綾は既にスナック菓子やらチョコ菓子やらを開封し、それをツマミながらどんどん缶チューハイを飲み進めていく。
「…さっきもう食べれないって言ってなかったっけ?」
「お菓子は別腹だもーん」
そう言って私にも差し出してくる。
「お酒のお代わりもいっぱいあるからどんどん飲んいいよ!」
「だから鞄が膨れ上がってたのね。呆れた。…でもそうね。折角だから貰うわ」
「そうこなくっちゃねー」
「それにしても案外お酒って大したことないわね。私ったらもっと怖いモノだと思っていたわ」
「むしろ美味しいよね。大人はこんなに美味しいモノをひとりじめにしてホントズルイよねー」
そんな他愛もない会話を綾と重ねる。
二人でお酒を飲んでいると、段々気分がふわふわしてくる。
何もしていないのに可笑しな気分になって、意味もなく笑い出してしまう。
「あはははは。綾ったら全然飲んでないじゃない」
「千恵こそもっと飲みなよー」
飲んでいるとどんどん気分が高揚していく感じがする。綾を見つめていると無性に抱きしめたくなり、彼女の胸に飛び込む。その際お酒が溢れてしまったが、そんなことは些細な問題だ。彼女のふわふわとした感触を楽しむ。
「ふふふっ。

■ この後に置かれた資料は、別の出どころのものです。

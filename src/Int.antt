-- ===== src/Int.antt =====
-- `i64` values that may be negative: the timestamps that come from a peer.
use y7ke.Prelude.{ℕ, ◌+◌, ◌-◌, ◌^◌, ◌<◌, ◌≡◌, arith, ap}
use y7ke.Bytes.{Bytes, to_le_bytes, to_le_bytes-injective}

-- `negsuc n` is -(n + 1).
pub data ℤ : Type 0 where
  pos : ℕ → ℤ
  negsuc : ℕ → ℤ

-- The order of `i64` values as the order of numbers.
abbrev pub i64_key : ℤ → ℕ
i64_key (pos n) = 2 ^ 63 + n
i64_key (negsuc n) = 2 ^ 63 - 1 - n

abbrev pub InI64 : ℤ → Type 0
InI64 (pos n) = n < 2 ^ 63
InI64 (negsuc n) = n < 2 ^ 63

-- The two's complement pattern.
abbrev pub i64_bits : ℤ → ℕ
i64_bits (pos n) = n
i64_bits (negsuc n) = 2 ^ 64 - 1 - n

-- `i64::to_le_bytes`
abbrev pub i64_to_le_bytes : ℤ → Bytes
i64_to_le_bytes z = to_le_bytes 8 (i64_bits z)

i64_bits-injective : (a b : ℤ) → InI64 a → InI64 b → i64_bits a ≡ i64_bits b → a ≡ b
i64_bits-injective (pos n) (pos m) ha hb e = ap pos e
i64_bits-injective (pos n) (negsuc m) ha hb e = absurd (omega arith)
i64_bits-injective (negsuc n) (pos m) ha hb e = absurd (omega arith)
i64_bits-injective (negsuc n) (negsuc m) ha hb e = ap negsuc (omega arith)

i64_bits-lt : (a : ℤ) → InI64 a → i64_bits a < 256 ^ 8
i64_bits-lt (pos n) h = omega arith
i64_bits-lt (negsuc n) h = omega arith

pub i64_to_le_bytes-injective :
    (a b : ℤ) → InI64 a → InI64 b → i64_to_le_bytes a ≡ i64_to_le_bytes b → a ≡ b
i64_to_le_bytes-injective a b ha hb e =
    i64_bits-injective a b ha hb
      (to_le_bytes-injective 8 (i64_bits a) (i64_bits b) (i64_bits-lt a ha) (i64_bits-lt b hb) e)
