-- ===== src/Ident.antt =====
-- crates/y7ke-core/src/id.rs: the identifiers. A fixed-size array of bytes stands as the number
-- that it spells in big-endian order, so that the lexicographic order of arrays of one length, by
-- which the source and SQLite compare identifiers, is the order of the numbers.
mod Uri
use y7ke.Prelude.{
  ℕ, List, [], ◌∷◌, ◌++◌, Option, none, some, leb, ◌==◌, if◌then◌else◌, length, take, String,
}
use y7ke.Status.{Result, ok, err, invalid_y7_id, invalid_public_key}
use y7ke.Bytes.{Bytes, to_be_bytes, from_be_bytes}

-- `Y7Id { pubkey: [u8; 32] }`
abbrev pub Y7Id : Type 0
Y7Id = ℕ

-- `MessageId(Uuid)`, 16 bytes
abbrev pub MessageId : Type 0
MessageId = ℕ

-- `ConversationId([u8; 16])`
abbrev pub ConversationId : Type 0
ConversationId = ℕ

-- "y7:"
abbrev pub uri_prefix : Bytes
uri_prefix = b'y' ∷ b'7' ∷ b':' ∷ []

-- `bs58::encode(..).into_string()` and `bs58::decode(..).onto(&mut [0u8; 32])`, which fails on a
-- character outside the alphabet and on more than 32 bytes, and else gives the bytes written.
pub record Base58 : Type 0 where
  pub encode : Bytes → Bytes
  pub decode_onto : Bytes → Option Bytes

unfoldable pub to_uri : Base58 → Y7Id → Bytes
to_uri b58 y7 = uri_prefix ++ b58.encode (to_be_bytes 32 y7)

-- `str::strip_prefix(Y7Id::URI_PREFIX)`
strip_prefix : Bytes → Option Bytes
strip_prefix (a ∷ b ∷ c ∷ body) =
    if a == b'y'
    then (if b == b'7' then (if c == b':' then some body else none) else none)
    else none
strip_prefix _ = none

parse_body : Option Bytes → Result Y7Id
parse_body none = err invalid_y7_id
parse_body (some buf) = if length buf == 32 then ok (from_be_bytes buf) else err invalid_y7_id

unfoldable pub parse : Base58 → Bytes → Result Y7Id
unfolding strip_prefix parse_body
parse b58 s = elim (strip_prefix s) [
  | none ↦ err invalid_y7_id
  | some body ↦ parse_body (b58.decode_onto body)
]

-- The blake3 digest of the two keys in order: 32 bytes, of which an identifier takes 16.
unfoldable pub between : (Bytes → Bytes) → Y7Id → Y7Id → ConversationId
between blake3 a b =
    let digest = blake3 (
      if leb a b
      then to_be_bytes 32 a ++ to_be_bytes 32 b
      else to_be_bytes 32 b ++ to_be_bytes 32 a) in
    from_be_bytes (take 16 digest)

ちーえ」
そう言って彼女も私の胸に擦り寄ってきてくれる。かわいい。
「なーに?あや」
「キスしてもいいー?」
「もちろんいいわよ」
綾の唇を啄む。
宝物を大事に扱うように、やさしくやさしく彼女の唇を食む。
綾も私に応えてくれる。
不器用に、でも一生懸命その小さな唇で私を受け止めてくれる。その事実が私の頭蓋にわずかに残っていた理性を焼き切った。
そのまま二人快楽の海に沈んでいく。
溺れる二人を引き上げる者などこの部屋には存在しなかった。
真夏の夜、窓の外から寄せては返すさざ波がかすかに聞こえる。
吐息が重なり、やがては一つとなる。
夢から醒めるときはすぐ、そこまで迫ってきている。